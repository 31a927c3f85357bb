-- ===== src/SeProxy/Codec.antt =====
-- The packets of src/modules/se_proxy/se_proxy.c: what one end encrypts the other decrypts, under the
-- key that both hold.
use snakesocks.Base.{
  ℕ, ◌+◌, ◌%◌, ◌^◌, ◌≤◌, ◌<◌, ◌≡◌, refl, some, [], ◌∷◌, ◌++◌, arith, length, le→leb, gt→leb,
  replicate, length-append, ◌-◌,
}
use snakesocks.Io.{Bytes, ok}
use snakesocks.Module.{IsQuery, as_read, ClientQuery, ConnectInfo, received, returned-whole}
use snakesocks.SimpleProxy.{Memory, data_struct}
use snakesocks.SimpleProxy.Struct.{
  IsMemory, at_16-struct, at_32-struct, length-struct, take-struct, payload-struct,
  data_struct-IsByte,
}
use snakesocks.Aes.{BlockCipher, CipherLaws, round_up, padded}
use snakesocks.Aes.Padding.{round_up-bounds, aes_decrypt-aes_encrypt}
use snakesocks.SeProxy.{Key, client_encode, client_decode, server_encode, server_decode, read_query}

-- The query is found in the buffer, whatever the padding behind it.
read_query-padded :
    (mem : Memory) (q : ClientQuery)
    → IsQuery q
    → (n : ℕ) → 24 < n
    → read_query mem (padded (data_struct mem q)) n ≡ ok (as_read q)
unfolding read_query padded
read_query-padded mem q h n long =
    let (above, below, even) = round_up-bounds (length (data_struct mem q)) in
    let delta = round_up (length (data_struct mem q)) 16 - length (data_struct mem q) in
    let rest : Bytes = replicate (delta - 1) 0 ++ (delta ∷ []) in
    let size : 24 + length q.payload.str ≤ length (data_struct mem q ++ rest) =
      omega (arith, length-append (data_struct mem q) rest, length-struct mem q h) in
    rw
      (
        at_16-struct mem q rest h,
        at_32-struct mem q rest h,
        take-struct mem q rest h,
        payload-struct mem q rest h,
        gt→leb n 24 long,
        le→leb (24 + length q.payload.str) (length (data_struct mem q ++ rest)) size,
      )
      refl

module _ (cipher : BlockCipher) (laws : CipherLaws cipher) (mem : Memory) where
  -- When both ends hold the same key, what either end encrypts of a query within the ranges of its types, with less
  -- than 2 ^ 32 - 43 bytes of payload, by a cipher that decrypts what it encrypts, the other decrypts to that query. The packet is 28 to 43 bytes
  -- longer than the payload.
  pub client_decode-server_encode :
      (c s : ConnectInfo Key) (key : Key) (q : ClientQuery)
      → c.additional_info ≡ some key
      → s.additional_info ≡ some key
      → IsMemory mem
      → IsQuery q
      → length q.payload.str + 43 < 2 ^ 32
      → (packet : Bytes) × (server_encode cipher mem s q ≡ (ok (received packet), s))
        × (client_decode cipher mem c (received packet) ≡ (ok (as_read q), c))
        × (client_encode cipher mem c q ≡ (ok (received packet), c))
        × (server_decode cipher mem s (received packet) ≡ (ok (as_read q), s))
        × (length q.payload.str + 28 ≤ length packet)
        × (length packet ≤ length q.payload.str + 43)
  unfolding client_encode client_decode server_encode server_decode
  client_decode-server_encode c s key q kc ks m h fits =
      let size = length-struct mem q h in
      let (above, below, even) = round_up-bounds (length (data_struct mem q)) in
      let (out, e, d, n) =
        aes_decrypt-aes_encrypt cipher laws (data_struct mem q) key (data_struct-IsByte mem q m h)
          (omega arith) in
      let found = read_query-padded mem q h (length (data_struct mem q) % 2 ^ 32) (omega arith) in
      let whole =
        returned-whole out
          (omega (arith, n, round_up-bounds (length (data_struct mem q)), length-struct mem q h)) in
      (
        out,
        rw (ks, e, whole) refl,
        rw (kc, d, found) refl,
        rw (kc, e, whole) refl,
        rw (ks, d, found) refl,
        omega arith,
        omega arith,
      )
▬▬▬▬▬▬▬▬▬▬
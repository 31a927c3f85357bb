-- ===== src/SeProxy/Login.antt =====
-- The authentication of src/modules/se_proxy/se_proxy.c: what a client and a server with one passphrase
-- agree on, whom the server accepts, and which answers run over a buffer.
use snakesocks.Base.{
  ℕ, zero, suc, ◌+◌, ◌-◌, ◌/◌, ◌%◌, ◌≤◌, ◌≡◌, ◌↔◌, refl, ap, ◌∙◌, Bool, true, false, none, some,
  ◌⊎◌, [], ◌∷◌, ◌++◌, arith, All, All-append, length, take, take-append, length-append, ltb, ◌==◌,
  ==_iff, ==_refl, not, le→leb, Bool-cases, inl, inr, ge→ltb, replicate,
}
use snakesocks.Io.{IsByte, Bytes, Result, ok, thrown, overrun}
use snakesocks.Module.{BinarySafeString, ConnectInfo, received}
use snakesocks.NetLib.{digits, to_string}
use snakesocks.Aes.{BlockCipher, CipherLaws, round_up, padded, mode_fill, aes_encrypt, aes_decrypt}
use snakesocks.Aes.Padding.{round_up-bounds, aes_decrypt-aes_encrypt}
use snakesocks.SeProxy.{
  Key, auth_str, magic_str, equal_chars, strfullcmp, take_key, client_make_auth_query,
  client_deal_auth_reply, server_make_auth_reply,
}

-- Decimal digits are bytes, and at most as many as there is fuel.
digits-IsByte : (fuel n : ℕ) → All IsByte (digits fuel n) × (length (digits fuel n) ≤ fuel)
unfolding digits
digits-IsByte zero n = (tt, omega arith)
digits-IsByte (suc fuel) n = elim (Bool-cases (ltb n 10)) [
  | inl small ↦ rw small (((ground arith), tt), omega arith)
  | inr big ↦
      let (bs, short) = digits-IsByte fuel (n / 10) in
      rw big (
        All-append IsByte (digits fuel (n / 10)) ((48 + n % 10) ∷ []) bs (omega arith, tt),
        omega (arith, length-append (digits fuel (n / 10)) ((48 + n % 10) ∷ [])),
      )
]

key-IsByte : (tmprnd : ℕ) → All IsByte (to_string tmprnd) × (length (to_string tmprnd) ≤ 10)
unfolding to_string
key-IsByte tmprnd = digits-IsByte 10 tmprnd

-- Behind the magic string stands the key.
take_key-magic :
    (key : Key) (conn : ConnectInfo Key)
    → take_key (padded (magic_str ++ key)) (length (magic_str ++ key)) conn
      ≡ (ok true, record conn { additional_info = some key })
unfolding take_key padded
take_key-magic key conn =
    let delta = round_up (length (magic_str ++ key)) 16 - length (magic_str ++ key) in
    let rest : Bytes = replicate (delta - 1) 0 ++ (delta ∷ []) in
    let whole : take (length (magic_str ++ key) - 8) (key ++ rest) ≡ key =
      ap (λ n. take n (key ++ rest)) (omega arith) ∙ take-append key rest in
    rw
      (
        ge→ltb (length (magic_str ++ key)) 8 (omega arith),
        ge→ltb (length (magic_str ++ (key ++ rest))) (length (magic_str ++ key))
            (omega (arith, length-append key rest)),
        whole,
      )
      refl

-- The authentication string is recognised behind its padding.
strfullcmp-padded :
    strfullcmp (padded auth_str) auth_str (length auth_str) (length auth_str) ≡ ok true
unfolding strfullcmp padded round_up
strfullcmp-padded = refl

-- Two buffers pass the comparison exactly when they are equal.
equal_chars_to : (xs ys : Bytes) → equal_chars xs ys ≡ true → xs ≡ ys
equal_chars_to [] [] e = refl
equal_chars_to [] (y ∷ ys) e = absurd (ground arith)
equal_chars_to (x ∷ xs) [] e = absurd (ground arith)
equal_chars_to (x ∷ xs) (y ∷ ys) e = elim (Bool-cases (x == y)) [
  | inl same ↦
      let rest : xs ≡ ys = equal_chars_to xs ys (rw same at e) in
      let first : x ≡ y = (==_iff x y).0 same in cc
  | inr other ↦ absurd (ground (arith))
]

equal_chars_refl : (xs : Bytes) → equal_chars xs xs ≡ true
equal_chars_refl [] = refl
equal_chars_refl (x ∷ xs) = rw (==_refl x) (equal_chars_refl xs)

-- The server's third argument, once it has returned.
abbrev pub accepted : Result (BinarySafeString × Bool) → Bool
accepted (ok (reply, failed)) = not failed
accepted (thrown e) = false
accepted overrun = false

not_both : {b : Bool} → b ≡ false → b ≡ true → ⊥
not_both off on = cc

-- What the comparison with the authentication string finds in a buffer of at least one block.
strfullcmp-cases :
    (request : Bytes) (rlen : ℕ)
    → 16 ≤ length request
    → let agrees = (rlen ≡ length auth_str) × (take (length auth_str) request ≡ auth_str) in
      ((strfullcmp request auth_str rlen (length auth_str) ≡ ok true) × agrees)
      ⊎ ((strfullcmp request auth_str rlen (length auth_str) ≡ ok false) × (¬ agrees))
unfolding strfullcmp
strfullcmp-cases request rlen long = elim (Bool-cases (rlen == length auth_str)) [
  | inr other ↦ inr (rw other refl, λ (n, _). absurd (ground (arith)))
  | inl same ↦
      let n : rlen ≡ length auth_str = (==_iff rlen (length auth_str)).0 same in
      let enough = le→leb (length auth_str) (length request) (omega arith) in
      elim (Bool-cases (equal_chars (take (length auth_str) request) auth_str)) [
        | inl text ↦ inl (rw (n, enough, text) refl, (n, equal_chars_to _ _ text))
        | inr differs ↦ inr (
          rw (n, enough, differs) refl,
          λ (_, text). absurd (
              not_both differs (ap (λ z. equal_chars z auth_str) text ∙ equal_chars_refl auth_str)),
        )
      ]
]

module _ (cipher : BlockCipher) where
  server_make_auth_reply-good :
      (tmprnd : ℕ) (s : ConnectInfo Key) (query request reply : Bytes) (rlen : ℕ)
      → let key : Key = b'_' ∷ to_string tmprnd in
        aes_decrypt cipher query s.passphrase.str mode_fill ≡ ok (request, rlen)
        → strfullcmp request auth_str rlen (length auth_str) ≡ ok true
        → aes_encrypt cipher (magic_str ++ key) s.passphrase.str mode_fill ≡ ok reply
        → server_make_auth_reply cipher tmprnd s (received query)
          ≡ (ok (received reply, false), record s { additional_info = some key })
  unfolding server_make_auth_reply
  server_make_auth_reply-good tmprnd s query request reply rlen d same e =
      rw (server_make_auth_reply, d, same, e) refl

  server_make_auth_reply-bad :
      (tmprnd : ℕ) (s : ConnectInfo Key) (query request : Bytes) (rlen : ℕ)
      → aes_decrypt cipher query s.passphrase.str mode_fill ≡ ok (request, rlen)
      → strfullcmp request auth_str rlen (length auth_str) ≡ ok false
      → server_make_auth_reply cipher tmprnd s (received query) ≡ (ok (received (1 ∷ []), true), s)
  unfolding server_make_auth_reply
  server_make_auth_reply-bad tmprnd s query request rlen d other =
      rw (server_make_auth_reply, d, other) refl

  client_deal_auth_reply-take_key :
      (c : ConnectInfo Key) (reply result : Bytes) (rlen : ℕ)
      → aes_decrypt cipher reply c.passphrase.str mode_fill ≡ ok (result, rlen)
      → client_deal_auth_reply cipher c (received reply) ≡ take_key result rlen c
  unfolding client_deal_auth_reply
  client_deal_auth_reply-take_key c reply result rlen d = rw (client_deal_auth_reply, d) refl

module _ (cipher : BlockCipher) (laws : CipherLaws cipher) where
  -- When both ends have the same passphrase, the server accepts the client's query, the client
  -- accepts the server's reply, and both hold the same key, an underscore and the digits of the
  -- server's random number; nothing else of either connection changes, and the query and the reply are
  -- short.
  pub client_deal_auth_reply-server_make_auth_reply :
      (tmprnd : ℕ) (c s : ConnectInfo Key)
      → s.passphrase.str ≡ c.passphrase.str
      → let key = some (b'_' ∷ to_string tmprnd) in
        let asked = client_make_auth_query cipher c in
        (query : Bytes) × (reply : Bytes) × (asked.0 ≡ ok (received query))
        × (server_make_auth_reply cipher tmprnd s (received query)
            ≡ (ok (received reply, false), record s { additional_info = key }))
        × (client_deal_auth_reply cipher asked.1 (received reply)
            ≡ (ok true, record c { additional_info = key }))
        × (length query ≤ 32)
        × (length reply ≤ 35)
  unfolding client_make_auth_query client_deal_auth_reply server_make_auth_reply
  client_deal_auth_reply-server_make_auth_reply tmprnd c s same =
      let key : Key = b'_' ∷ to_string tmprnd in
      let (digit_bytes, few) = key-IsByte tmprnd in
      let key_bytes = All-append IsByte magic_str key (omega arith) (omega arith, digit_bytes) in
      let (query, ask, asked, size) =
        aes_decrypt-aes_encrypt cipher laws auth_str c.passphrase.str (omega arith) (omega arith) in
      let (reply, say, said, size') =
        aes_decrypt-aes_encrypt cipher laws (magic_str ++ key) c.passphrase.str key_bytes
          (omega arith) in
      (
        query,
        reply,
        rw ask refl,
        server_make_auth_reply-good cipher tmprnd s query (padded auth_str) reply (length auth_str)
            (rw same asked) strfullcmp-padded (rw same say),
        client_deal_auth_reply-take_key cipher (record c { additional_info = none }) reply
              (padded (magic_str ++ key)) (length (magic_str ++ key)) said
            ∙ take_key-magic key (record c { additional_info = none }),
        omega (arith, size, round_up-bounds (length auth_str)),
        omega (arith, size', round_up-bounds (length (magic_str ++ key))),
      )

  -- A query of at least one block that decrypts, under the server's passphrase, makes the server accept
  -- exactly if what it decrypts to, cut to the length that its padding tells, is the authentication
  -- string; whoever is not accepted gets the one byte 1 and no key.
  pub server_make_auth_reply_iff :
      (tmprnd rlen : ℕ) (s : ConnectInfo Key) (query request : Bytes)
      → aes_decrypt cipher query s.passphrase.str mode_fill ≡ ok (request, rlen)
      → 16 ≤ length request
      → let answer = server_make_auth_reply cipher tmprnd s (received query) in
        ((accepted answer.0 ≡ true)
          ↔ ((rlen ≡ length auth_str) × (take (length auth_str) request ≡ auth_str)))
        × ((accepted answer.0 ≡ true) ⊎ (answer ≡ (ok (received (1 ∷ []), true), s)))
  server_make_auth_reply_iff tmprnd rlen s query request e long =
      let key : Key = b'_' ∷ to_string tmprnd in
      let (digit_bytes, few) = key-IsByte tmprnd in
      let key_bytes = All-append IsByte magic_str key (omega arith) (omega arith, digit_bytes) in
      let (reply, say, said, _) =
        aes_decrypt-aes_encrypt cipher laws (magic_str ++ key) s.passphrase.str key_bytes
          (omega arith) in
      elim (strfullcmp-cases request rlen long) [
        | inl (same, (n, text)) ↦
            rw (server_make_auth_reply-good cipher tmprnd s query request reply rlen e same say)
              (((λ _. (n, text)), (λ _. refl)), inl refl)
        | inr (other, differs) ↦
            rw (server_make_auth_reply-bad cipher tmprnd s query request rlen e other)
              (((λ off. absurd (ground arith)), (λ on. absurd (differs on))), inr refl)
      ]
▬▬▬▬▬▬▬▬▬▬
Work item: Select every line in the material above where the string "that" occurs, and copy it.

Output below:
-- key that both hold.
  -- than 2 ^ 32 - 43 bytes of payload, by a cipher that decrypts what it encrypts, the other decrypts to that query. The packet is 28 to 43 bytes
  -- A query of at least one block that decrypts, under the server's passphrase, makes the server accept
  -- exactly if what it decrypts to, cut to the length that its padding tells, is the authentication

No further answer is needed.